— Но ты его не обрел, — сказала Бекка, открыто глядя ему в глаза.
— Я пришел в скадру не для того, чтобы к ней присоединиться, — ответил тот. — Они просто шли туда же, куда было нужно и мне, — к берегу и к городам. Мол рассказывал мне, что скадры существуют тут чуть ли не с Плохих Времен, чтобы поддерживать мир и охранять путешественников от опасностей. Многого он не знает, но это, говорит, точно.
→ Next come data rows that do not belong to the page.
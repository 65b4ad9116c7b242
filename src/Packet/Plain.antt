-- ===== src/Packet/Plain.antt =====
-- Before the first keys: what is sent is what is read.
use libopenssh.Base.{
  ℕ, ◌+◌, ◌%◌, ◌^◌, ◌≤◌, ◌<◌, ◌≡◌, ◌≢◌, refl, ap, ◌∙◌, subst, arith, false, none, Bytes, [], ◌∷◌,
  ◌++◌, append_assoc, length, length-append, length-replicate, take_all, take, drop, replicate,
  drop-append_length, get_or, ◌==◌,
}
use libopenssh.Err.{ok}
use libopenssh.Getput.{u32_bytes}
use libopenssh.Packet.{SessionState, Env, aadlen_of, reserved, u32_add, u32_sub}
use libopenssh.Packet.Send.{
  padlen_of, with_header, compressed, padded, sealed, sent_off, send2_wrapped,
}

-- The packet with its header and `p` bytes of padding.
abbrev pub frame : ℕ → Bytes → Bytes
frame p body = u32_bytes (length body + 1 + p) ++ (p ∷ (body ++ replicate p 0))

-- A context that encrypts nothing.
abbrev pub IsPlain : {C : Type 0} → Env C → C → Type 0
IsPlain {C} env c = (v : Bytes) (n : ℕ) → env.crypt c v n 0 0 ≡ (c, ok (take n v))

-- A buffer that stays within `m` bytes always has room.
abbrev pub HasRoom : {C : Type 0} → Env C → ℕ → Type 0
HasRoom env m = (n : ℕ) → n ≤ m → reserved env n ≡ ok tt

-- A state before the first keys are set, with a packet to send.
abbrev pub sending : {C : Type 0} → SessionState C → Bytes → SessionState C
sending st packet = record st { newkeys_out = none; extra_pad = 0; outgoing_packet = packet }

with_header-frame :
    (p : ℕ) (h body : Bytes)
    → length h ≡ 5
    → p < 256
    → length body + 260 < 2 ^ 32
    → with_header p ((h ++ body) ++ replicate p 0) ≡ frame p body
with_header-frame p h body e k m =
    let zeros = replicate {A = ℕ} p 0 in
    let whole : (h ++ body) ++ zeros ≡ h ++ (body ++ zeros) = append_assoc h body zeros in
    let long : length (h ++ (body ++ zeros)) ≡ 5 + (length body + p) = omega (
      arith,
      e,
      length-append h (body ++ zeros),
      length-append body zeros,
      length-replicate {A = ℕ} p 0,
    ) in
    let word : u32_sub (5 + (length body + p)) 4 ≡ length body + 1 + p = omega arith in
    let byte : p % 256 ≡ p = omega arith in
    let rest : drop 5 (h ++ (body ++ zeros)) ≡ body ++ zeros =
      subst (λ n. drop n (h ++ (body ++ zeros)) ≡ body ++ zeros) e
        (drop-append_length h (body ++ zeros)) in
    rw (whole, long, word, byte, rest) refl

padded-frame :
    {C : Type 0} (env : Env C) (st : SessionState C) (p : ℕ) (h body : Bytes) (m : ℕ)
    → HasRoom env m
    → length body + 5 + p ≤ m
    → length h ≡ 5
    → p < 256
    → length body + 260 < 2 ^ 32
    → padlen_of 8 0 (length body + 5) ≡ ok p
    → padded env (sending st (h ++ body)) ≡ (sending st (frame p body), ok tt)
unfolding padded aadlen_of
padded-frame env st p h body most room fits e k m q =
    let long : u32_sub (length (h ++ body)) 0 ≡ length body + 5 =
      omega (arith, e, m, length-append h body) in
    rw (long, padded, q)
      (rw
        (room (length (h ++ body) + length (replicate {A = ℕ} p 0))
          (omega (arith, fits, e, length-append h body, length-replicate {A = ℕ} p 0)))
        (ap (λ (x : Bytes). (sending st x, ok tt)) (with_header-frame p h body e k m)))

sealed-frame :
    {C : Type 0} (env : Env C) (st : SessionState C) (v : Bytes) (m : ℕ)
    → HasRoom env m
    → length st.output + length v ≤ m
    → IsPlain env st.send_context
    → length v < 2 ^ 32
    → sealed env (sending st v) ≡ (record (sending st v) { output = st.output ++ v }, ok tt)
unfolding sealed aadlen_of
sealed-frame env st v m room fits plain k =
    let all : u32_sub (length v) 0 ≡ length v = omega arith in
    rw (room (length st.output + (length v + 0)) (omega (arith, fits)), sealed)
      (rw (all, plain v (length v), take_all v (length v) (omega arith)) refl)

get_or-append_length : (h : Bytes) (x : ℕ) (v : Bytes) → get_or (h ++ (x ∷ v)) (length h) 0 ≡ x
get_or-append_length [] x v = refl
get_or-append_length (y ∷ h) x v = get_or-append_length h x v

pub length-frame : (p : ℕ) (body : Bytes) → length (frame p body) ≡ length body + 5 + p
unfolding u32_bytes
length-frame p body =
    omega (arith, length-append body (replicate {A = ℕ} p 0), length-replicate {A = ℕ} p 0)

behind_five : (h : Bytes) (x : ℕ) (v : Bytes) → length h ≡ 5 → get_or (h ++ (x ∷ v)) 5 0 ≡ x
behind_five h x v e = subst (λ n. get_or (h ++ (x ∷ v)) n 0 ≡ x) e (get_or-append_length h x v)

-- An ordinary type of message, which changes no keys and no compression.
abbrev pub IsOrdinary : ℕ → Type 0
IsOrdinary type = (1 ≤ type) × (type < 192) × (type ≢ 21) × (type ≢ 52)

sent_off-ordinary :
    {C : Type 0} (env : Env C) (st : SessionState C) (type : ℕ)
    → IsOrdinary type
    → st.p_send.packets + 1 < 2 ^ 32
    → ((sent_off env type st).1 ≡ ok tt) × ((sent_off env type st).0.output ≡ st.output)
unfolding sent_off
sent_off-ordinary env st type (a, b, c, d) h =
    let packets : (u32_add st.p_send.packets 1 == 0) ≡ false = ground arith in
    let keys : (type == 21) ≡ false = ground (arith, c) in
    let login : (type == 52) ≡ false = ground (arith, d) in
    rw (packets, sent_off) (rw keys (rw login (refl, refl)))

pub send2_wrapped-frame :
    {C : Type 0} (env : Env C) (st : SessionState C) (p : ℕ) (h : Bytes) (type : ℕ)
    (payload : Bytes) (most : ℕ)
    → HasRoom env most
    → length st.output + (length payload + 261) ≤ most
    → IsPlain env st.send_context
    → IsOrdinary type
    → st.p_send.packets + 1 < 2 ^ 32
    → length h ≡ 5
    → p < 256
    → length payload + 261 < 2 ^ 32
    → padlen_of 8 0 (length payload + 6) ≡ ok p
    → ((send2_wrapped env (sending st (h ++ (type ∷ payload)))).1 ≡ ok tt)
      × ((send2_wrapped env (sending st (h ++ (type ∷ payload)))).0.output
          ≡ st.output ++ frame p (type ∷ payload))
unfolding send2_wrapped compressed
send2_wrapped-frame env st p h type payload most room fits plain ord n e k m q =
    let body = type ∷ payload in
    let v = frame p body in
    let pad =
      padded-frame env st p h body most room (omega (arith, fits, k)) e k (omega arith)
        (ap (padlen_of 8 0) (omega arith) ∙ q) in
    let seal =
      sealed-frame env st v most room (omega (arith, fits, length-frame p body, k)) plain
        (omega (arith, length-frame p body, k, m)) in
    let (fine, out) =
      sent_off-ordinary env (record (sending st v) { output = st.output ++ v }) type ord n in
    rw (behind_five h type payload e, send2_wrapped) (rw pad (rw seal (fine, out)))
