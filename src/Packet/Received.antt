-- ===== src/Packet/Received.antt =====
-- Before the first keys: the packet that was sent is taken off the input again.
use libopenssh.Base.{ℕ, none, Bytes}
use libopenssh.Packet.{SessionState}

-- A state before the first keys are set, that has read a part of a packet.
abbrev pub reading : {C : Type 0} → SessionState C → Bytes → Bytes → ℕ → SessionState C
reading st input incoming packlen = record st {
  newkeys_in = none;
  packet_discard = 0;
  packlen = packlen;
  input = input;
  incoming_packet = incoming;
}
— Охраняют путешественников? — Это было такое вранье, что Бекка была глубоко потрясена. — Эти мерзкие… А тогда кто же набрасывается на женщин, оказавшихся такими дурами, чтобы отойти от хутора, и убивает их, наси… — Нет, произнести этого слова она не может. — Кто обращает оружие против ферм, кто крадет нашу еду и наших детей, пока мы не создадим собственную охрану? Кто, как не эти шайки ворья, эти ужасы ночи? Это они, значит, охраняют путников? — На этой исполненной сарказма ноте она и кончила.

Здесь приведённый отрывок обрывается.